WHAT IS BEING ASKED
There is one span to output from the data below: the lines starting at the line with "unfoldable pub fail_all" and ending at the line with "t).failure_threshold ≡ b.failure_threshold)". Output it exactly, ends included, nothing more.

=== WORKING DATA ===

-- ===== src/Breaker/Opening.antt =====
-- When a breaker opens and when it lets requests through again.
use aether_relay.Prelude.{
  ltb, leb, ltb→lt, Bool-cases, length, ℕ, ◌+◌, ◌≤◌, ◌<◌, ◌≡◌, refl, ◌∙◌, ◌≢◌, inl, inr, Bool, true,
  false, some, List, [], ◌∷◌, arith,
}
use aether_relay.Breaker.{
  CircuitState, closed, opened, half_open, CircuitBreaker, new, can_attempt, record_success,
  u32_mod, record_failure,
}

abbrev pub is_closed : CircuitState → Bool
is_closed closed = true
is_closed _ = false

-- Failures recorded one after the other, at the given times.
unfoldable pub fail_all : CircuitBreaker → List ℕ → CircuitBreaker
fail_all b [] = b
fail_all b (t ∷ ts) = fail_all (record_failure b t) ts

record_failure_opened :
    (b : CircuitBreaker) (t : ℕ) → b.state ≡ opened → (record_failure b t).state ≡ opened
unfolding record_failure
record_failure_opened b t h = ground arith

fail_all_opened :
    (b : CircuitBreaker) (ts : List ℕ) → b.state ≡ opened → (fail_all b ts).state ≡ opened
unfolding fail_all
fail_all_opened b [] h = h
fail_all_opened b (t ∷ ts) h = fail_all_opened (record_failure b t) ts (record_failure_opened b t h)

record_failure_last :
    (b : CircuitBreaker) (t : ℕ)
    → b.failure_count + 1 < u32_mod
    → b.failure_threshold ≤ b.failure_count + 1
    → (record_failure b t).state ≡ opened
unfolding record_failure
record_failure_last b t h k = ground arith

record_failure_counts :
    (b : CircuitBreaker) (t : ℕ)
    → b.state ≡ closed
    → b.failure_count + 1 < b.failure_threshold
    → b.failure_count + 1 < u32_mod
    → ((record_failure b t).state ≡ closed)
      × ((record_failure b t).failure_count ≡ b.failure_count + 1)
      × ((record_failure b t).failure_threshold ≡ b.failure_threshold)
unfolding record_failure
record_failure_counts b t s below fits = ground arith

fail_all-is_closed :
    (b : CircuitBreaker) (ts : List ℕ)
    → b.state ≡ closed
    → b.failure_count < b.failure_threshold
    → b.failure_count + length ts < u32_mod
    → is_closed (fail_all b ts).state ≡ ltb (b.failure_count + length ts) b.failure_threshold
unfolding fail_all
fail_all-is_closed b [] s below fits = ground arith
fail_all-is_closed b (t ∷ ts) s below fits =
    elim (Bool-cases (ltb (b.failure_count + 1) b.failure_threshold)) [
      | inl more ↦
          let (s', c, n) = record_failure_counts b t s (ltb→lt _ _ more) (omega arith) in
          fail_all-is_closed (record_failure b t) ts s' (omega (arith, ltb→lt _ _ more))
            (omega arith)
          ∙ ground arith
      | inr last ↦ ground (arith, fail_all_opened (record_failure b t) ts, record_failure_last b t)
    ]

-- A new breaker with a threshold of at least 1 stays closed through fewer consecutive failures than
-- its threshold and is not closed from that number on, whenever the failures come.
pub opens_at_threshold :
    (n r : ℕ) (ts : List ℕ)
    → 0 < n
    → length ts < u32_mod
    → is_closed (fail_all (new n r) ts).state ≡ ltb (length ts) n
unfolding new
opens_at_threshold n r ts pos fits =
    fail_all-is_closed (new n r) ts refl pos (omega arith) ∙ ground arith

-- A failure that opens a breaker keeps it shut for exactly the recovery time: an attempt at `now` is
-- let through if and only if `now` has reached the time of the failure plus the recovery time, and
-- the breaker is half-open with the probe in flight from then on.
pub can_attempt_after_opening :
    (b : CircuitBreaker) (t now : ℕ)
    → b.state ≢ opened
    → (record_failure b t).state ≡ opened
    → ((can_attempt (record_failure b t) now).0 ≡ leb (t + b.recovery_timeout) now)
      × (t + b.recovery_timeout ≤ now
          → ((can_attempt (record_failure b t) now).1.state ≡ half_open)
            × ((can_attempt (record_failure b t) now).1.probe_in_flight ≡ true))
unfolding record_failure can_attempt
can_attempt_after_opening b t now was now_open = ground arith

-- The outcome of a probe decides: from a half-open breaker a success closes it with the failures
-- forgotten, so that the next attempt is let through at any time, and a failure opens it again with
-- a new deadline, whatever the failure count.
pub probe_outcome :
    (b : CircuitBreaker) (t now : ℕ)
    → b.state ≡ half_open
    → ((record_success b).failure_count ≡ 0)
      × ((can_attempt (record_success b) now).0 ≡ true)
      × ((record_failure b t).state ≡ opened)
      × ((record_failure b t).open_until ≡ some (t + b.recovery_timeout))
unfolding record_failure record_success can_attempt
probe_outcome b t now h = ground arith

===

COMPLETED EXERCISE
unfoldable pub fail_all : CircuitBreaker → List ℕ → CircuitBreaker
fail_all b [] = b
fail_all b (t ∷ ts) = fail_all (record_failure b t) ts

record_failure_opened :
    (b : CircuitBreaker) (t : ℕ) → b.state ≡ opened → (record_failure b t).state ≡ opened
unfolding record_failure
record_failure_opened b t h = ground arith

fail_all_opened :
    (b : CircuitBreaker) (ts : List ℕ) → b.state ≡ opened → (fail_all b ts).state ≡ opened
unfolding fail_all
fail_all_opened b [] h = h
fail_all_opened b (t ∷ ts) h = fail_all_opened (record_failure b t) ts (record_failure_opened b t h)

record_failure_last :
    (b : CircuitBreaker) (t : ℕ)
    → b.failure_count + 1 < u32_mod
    → b.failure_threshold ≤ b.failure_count + 1
    → (record_failure b t).state ≡ opened
unfolding record_failure
record_failure_last b t h k = ground arith

record_failure_counts :
    (b : CircuitBreaker) (t : ℕ)
    → b.state ≡ closed
    → b.failure_count + 1 < b.failure_threshold
    → b.failure_count + 1 < u32_mod
    → ((record_failure b t).state ≡ closed)
      × ((record_failure b t).failure_count ≡ b.failure_count + 1)
      × ((record_failure b t).failure_threshold ≡ b.failure_threshold)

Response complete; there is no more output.